# Tried out some 5th Avenues!



## Spikezone (Feb 2, 2006)

Wow, just got back from Edmonton and I was checking out some music stores there. Found a few Godin 5th Avenue guitars. I remember seeing a thread on here started by somebody who bought one, and was excited to get a chance to try one myself. They are beautiful guitars! The look is totally killin', but I wasn't sure if the sound suits me-quite a mid-rangey guitar. For me personally they weren't as bright as I would want an acoustic to sound. Can't fault them in the looks department, though-one of the nicest-looking acoustics I have seen for a long time. And I was just wondering how you would go about amplifying them-doesn't seem like an easy design to fit any sort of a pick-up to-I wonder if they have any plans to make an electric/acoustic version.
-Mikey


----------



## zontar (Oct 25, 2007)

There's the Kingpin--which is a 5th Avenue with a P-90.
It's on Godin's website, but apparently not in stores yet--supposed to be in my area around the end of August/beginning of September. I'm keeping my eyes on the local Godin dealers, and when it's here, I'm testdriving one. If it sounds as good, or almost as good, unplugged as the 5th Avenue, I'll plug it in & compare with a couple of other guitars--and if I like it--I'm getting it.

Check the Godin site for dealers near you, and check to see when they'll have the Kingpin in their store, so you can try it out.


----------



## Spikezone (Feb 2, 2006)

NICE!!! Zontar, I might be all over that one, too!
-Mikey


----------



## zontar (Oct 25, 2007)

No problem, I found out about the Kingpin from others here, when I posted about putting a pickup on a 5th Avenue. Just passing on what others have shared with me. Which is one of the best things about this site.


----------



## zontar (Oct 25, 2007)

Resurrecting this tread to advise I saw a Kingpin today & played it. (Guitarworks on Macleod Trail)
Well the pickup said Kingpin, and the label in the body called it a 5th Avenue P-90.

It still sounds pretty good acoustically, and plays just like the 5th Avenues.
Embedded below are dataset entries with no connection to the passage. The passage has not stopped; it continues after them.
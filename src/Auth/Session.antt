-- ===== src/Auth/Session.antt =====
-- Signing in, being sent back, and signing out.
use expense_saas.Texts.{Chars, codes}
use expense_saas.Prelude.{
  String, none, some, Bool, List, [], ◌∷◌, ◌≡◌, refl, ◌++◌, ◌&&◌, ◌==◌, not, all, ap, ◌∙◌, true,
}
use expense_saas.Store.{get_access_token, get_refresh_token}
use expense_saas.Hooks.{QueryKey}
use expense_saas.Hooks.Changes.Mutations.{KeyFilter}
use expense_saas.Auth.{signed_in, Tab, private_route, go, login_ends, logout_ends, Failure, failed}

-- A part of an address up to its query, and one up to its hash.
abbrev pub is_pathname : Chars → Bool
is_pathname = all (λ c. not (c == b'?') && not (c == b'#'))

abbrev pub is_search : Chars → Bool
is_search [] = true
is_search (c ∷ s) = c == b'?' && all (λ d. not (d == b'#')) s

-- The router reads a pathname with its query, one behind the other, as these two.
abbrev pub Splits : (Chars → Chars × Chars) → Type 0
Splits parse_path =
    (pathname search : Chars)
    → is_pathname pathname ≡ true
    → is_search search ≡ true
    → parse_path (pathname ++ search) ≡ (pathname, search)

module _ (matches : KeyFilter → QueryKey → Bool) (parse_path : Chars → Chars × Chars) where
  -- Attempts to log in that fail.
  abbrev pub attempts : List Failure → Tab → Tab
  attempts [] t = t
  attempts (f ∷ fs) t = attempts fs (login_ends matches parse_path (failed f) t)

  attempts-location :
      (fs : List Failure) (t : Tab)
      → ((attempts fs t).location ≡ t.location) × ((attempts fs t).store ≡ t.store)
  unfolding login_ends
  attempts-location [] t = (refl, refl)
  attempts-location (f ∷ fs) t = attempts-location fs (login_ends matches parse_path (failed f) t)

  guarded-attempts :
      (fs : List Failure) (t : Tab)
      → get_access_token t.store ≡ none
      → (attempts fs (private_route t)).location ≡ record {
        pathname = codes "/login";
        search = [];
        from = some (t.location.pathname ++ t.location.search);
      }
  unfolding private_route
  guarded-attempts fs t h = (attempts-location fs (private_route t)).0 ∙ rw h refl

  back :
      (u : Tab) (pathname search : Chars) (access refresh : String)
      → Splits parse_path
      → is_pathname pathname ≡ true
      → is_search search ≡ true
      → u.location.from ≡ some (pathname ++ search)
      → let b = login_ends matches parse_path (signed_in access refresh) u in
        (b.location ≡ record { pathname = pathname; search = search; from = none })
        × (private_route b ≡ b)
        × (get_refresh_token b.store ≡ some refresh)
  unfolding private_route login_ends get_refresh_token
  back u pathname search access refresh splits p s h =
      (rw (h, splits pathname search p s) refl, refl, refl)

  -- A visitor without a session who opens a page of the application is sent to the login page, and
  -- after any number of attempts that fail the login leads back to the same pathname and the same
  -- query, where the guard lets the visitor stay. The router is taken to read a pathname with its
  -- query behind it as these two.
  pub login_ends-returns :
      (fs : List Failure) (t : Tab) (access refresh : String)
      → Splits parse_path
      → get_access_token t.store ≡ none
      → is_pathname t.location.pathname ≡ true
      → is_search t.location.search ≡ true
      → let tried = attempts fs (private_route t) in
        let back = login_ends matches parse_path (signed_in access refresh) tried in
        (tried.location.pathname ≡ codes "/login")
        × (back.location.pathname ≡ t.location.pathname)
        × (back.location.search ≡ t.location.search)
        × (private_route back ≡ back)
        × (get_refresh_token back.store ≡ some refresh)
  login_ends-returns fs t access refresh splits h p s =
      let tried = attempts fs (private_route t) in
      let at = guarded-attempts fs t h in
      let (there, stays, token) =
        back tried t.location.pathname t.location.search access refresh splits p s
          (ap (λ l. l.from) at) in
      (ap (λ l. l.pathname) at, ap (λ l. l.pathname) there, ap (λ l. l.search) there, stays, token)

-- After a logout, whether or not the server took it, no answer of the user is left, and every page
-- of the application leads to the login page.
logout_ends-private_route :
    (t : Tab) (path : String)
    → let out = logout_ends t in
      (out.cache ≡ [])
      × (get_refresh_token out.store ≡ none)
      × ((private_route (record out { location = go path })).location
          ≡ record { pathname = codes "/login"; search = []; from = some (codes path ++ []) })
unfolding logout_ends private_route get_refresh_token
logout_ends-private_route t path = (refl, refl, refl)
I like the P-90 too.

I liked it--and it would be something I wouldn't mind owning, but I'm happy with my AF95, and prefer it--not to mention the Kingpin costs more than I spent on the AF95 & a G-Dec Jr. So AF95 & G-Dec Jr or a Kingpin & no practice amp? Easy call.


But it was still a real nice guitar--so if you're in the area, I'd say go check it out.


----------



## jcayer (Mar 25, 2007)

zontar said:


> ...
> But it was still a real nice guitar--....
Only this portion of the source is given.